Tannin is a general term historically used for the dark, astringent extract of vegetable matter used in the tanning process. Maltsters and brewers refer to certain materials of the malt husk as tannins. The major flavor contribution from tannins is astringency. When extracted in very hot water, husk tannins can lend astringency to beer. The same extraction process occurs when you steep tea leaves in hot water.
Typically, astringency is not a problem as long as sparge water temperatures are not excessive. Most brewers prefer sparge water between 165˚ F and 170˚ F, though some brewers approach 180˚ F to increase runoff rate. Another potential contribution of tannins is on visual impact; they can cause haze (polyphenol-protein complexes). Since most homebrewers do not filter their beer, this is not a major problem.
Smoked malts used in the brewing of beer use woods such as beech, apple, alder, and ash to fire the kiln. The smoked malts are not kilned to the point where the kernels themselves begin to smoke; all good smoked malts look hardly distinguishable from Munich malt (until you smell them).
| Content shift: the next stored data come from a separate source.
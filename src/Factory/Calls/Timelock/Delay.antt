-- ===== src/Factory/Calls/Timelock/Delay.antt =====
-- How long a queued operation waits.
use tikka_contracts.Prelude.{ℕ, ◌+◌, ◌<◌, ◌≤◌, ◌≡◌, ◌≢◌, inl, inr, some, arith}
use tikka_contracts.Prelude.Outcome.{
  ok, Returns, Returns-bind, Returns-ok, ok_or-eq-ok, reject_if-eq-ok, returns_rules,
}
use tikka_contracts.Shared.Types.{Address, Bytes}
use tikka_contracts.Shared.Constants.{timelock_delay_seconds}
use tikka_contracts.Factory.State.{Factory, FactoryEnv, PendingOp, AdminOp, ConfigKey}
use tikka_contracts.Factory.Config.{
  queue_op, set_config, propose_fee_change, propose_wasm_upgrade, execute_config_change,
}
use tikka_contracts.Factory.Calls.{FactoryRun, run_start, run_call, run_raffle_call, run_moved}
use tikka_contracts.Factory.Calls.Settings.{or_trap-checked_u64}
use tikka_contracts.Factory.Calls.Timelock.{factory_perform-Tends}

-- An operation that becomes effective at a time, from then on in a run.
run-keeps-deadline :
    {since deadline id : ℕ} {s t : Factory}
    → deadline ≤ since + timelock_delay_seconds
    → ((op : PendingOp) → s.pending_op id ≡ some op → deadline ≤ op.effective_timestamp)
    → FactoryRun since s t
    → (op : PendingOp) → t.pending_op id ≡ some op
    → deadline ≤ op.effective_timestamp
run-keeps-deadline d h run_start op e = h op e
run-keeps-deadline {id = id} d h (run_call {t} {u} env request run later e) op k =
    elim (((factory_perform-Tends env request t).at e).ops id op k) [
      | inl l ↦ run-keeps-deadline d h run op l
      | inr l ↦ omega (arith, l.0)
    ]
run-keeps-deadline d h (run_raffle_call address after run) op k = run-keeps-deadline d h run op k
run-keeps-deadline d h (run_moved balances run) op k = run-keeps-deadline d h run op k

-- Which operation a call has queued.
pub data Proposes (env : FactoryEnv) (s : Factory) (id : ℕ) (t : Factory) : Type 0 where
  by_set_config :
      (key : ConfigKey) (address : Address)
      → set_config env key address s ≡ ok (id, t)
      → Proposes env s id t
  by_fee_change : (fee : ℕ) → propose_fee_change env fee s ≡ ok (id, t) → Proposes env s id t
  by_wasm_upgrade :
      (hash : Bytes) → propose_wasm_upgrade env hash s ≡ ok (id, t) → Proposes env s id t

abbrev HasDeadline : FactoryEnv → ℕ × Factory → Type 0
HasDeadline env r =
    (op : PendingOp)
    → r.1.pending_op r.0 ≡ some op
    → env.host.timestamp + timelock_delay_seconds ≤ op.effective_timestamp

queue_op-HasDeadline :
    (env : FactoryEnv) (admin : Address) (op : AdminOp) (s : Factory)
    → Returns (HasDeadline env) (queue_op env admin op s)
unfolding queue_op
queue_op-HasDeadline env admin op s =
    Returns-bind _ _ (λ effective e. Returns-ok _ (λ o h. ground (arith, or_trap-checked_u64 _ e)))

set_config-HasDeadline :
    (env : FactoryEnv) (key : ConfigKey) (a : Address) (s : Factory)
    → Returns (HasDeadline env) (set_config env key a s)
unfolding set_config
set_config-HasDeadline env key a s = search (queue_op-HasDeadline, returns_rules) depth 50

propose_fee_change-HasDeadline :
    (env : FactoryEnv) (fee : ℕ) (s : Factory)
    → Returns (HasDeadline env) (propose_fee_change env fee s)
unfolding propose_fee_change
propose_fee_change-HasDeadline env fee s = search (queue_op-HasDeadline, returns_rules) depth 50

propose_wasm_upgrade-HasDeadline :
    (env : FactoryEnv) (hash : Bytes) (s : Factory)
    → Returns (HasDeadline env) (propose_wasm_upgrade env hash s)
unfolding propose_wasm_upgrade
propose_wasm_upgrade-HasDeadline env hash s = search (queue_op-HasDeadline, returns_rules) depth 50

Proposes-HasDeadline :
    {env : FactoryEnv} {s t : Factory} {id : ℕ} → Proposes env s id t → HasDeadline env (id, t)
Proposes-HasDeadline {env} {s} (by_set_config key a e) = (set_config-HasDeadline env key a s).at e
Proposes-HasDeadline {env} {s} (by_fee_change fee e) =
    (propose_fee_change-HasDeadline env fee s).at e
Proposes-HasDeadline {env} {s} (by_wasm_upgrade hash e) =
    (propose_wasm_upgrade-HasDeadline env hash s).at e

execute-waits :
    (env : FactoryEnv) (id deadline : ℕ) (s : Factory)
    → ((op : PendingOp) → s.pending_op id ≡ some op → deadline ≤ op.effective_timestamp)
    → env.host.timestamp < deadline
    → Returns (λ t. ⊥) (execute_config_change env id s)
unfolding execute_config_change
execute-waits env id deadline s h early = Returns-bind _ _ (λ admin e.
    Returns-bind _ _ (λ pending e. Returns-bind _ _ (λ u k.
      absurd (ground (arith, early, h pending (ok_or-eq-ok _ _ e), reject_if-eq-ok _ _ k)))))

-- An operation that is proposed is not executed in the 172,800 seconds that follow, after whatever calls
-- from the time of the proposal on.
pub no_early_execution :
    {env : FactoryEnv} {s t u : Factory} {id : ℕ} (later : FactoryEnv)
    → Proposes env s id t
    → FactoryRun env.host.timestamp t u
    → later.host.timestamp < env.host.timestamp + timelock_delay_seconds
    → (v : Factory) → execute_config_change later id u ≢ ok v
no_early_execution {env} {s} {t} {u} {id} later proposed run early v e =
    (execute-waits later id (env.host.timestamp + timelock_delay_seconds) u
        (run-keeps-deadline (omega arith) (Proposes-HasDeadline proposed) run) early).at
      e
Some brewers also use peat to fire the kiln. Traditionally, peat malt is used in Scotch whiskey. In general, peated malts produce very assertive flavors in beer; the medicinal flavors they contribute are too strong for many beer drinkers, even in small additions.
The smoked malts made using beechwood or the like can make fine beers, even when the grist bill is 100 percent smoked malt. However, with any such malt care must be taken to balance the smoked flavor so that the beer does not taste as if you just swallowed a pint of liquid smoke.
The best way to learn about malt flavors and their effect on your beer is to experiment and observe carefully. If you have an adventurous spirit you will build, over time, a familiarity with specialty malts that can only make tasting and discussing beer more enjoyable. This familiarity with the various malts is a powerful tool in unlocking creativity in the brewing process.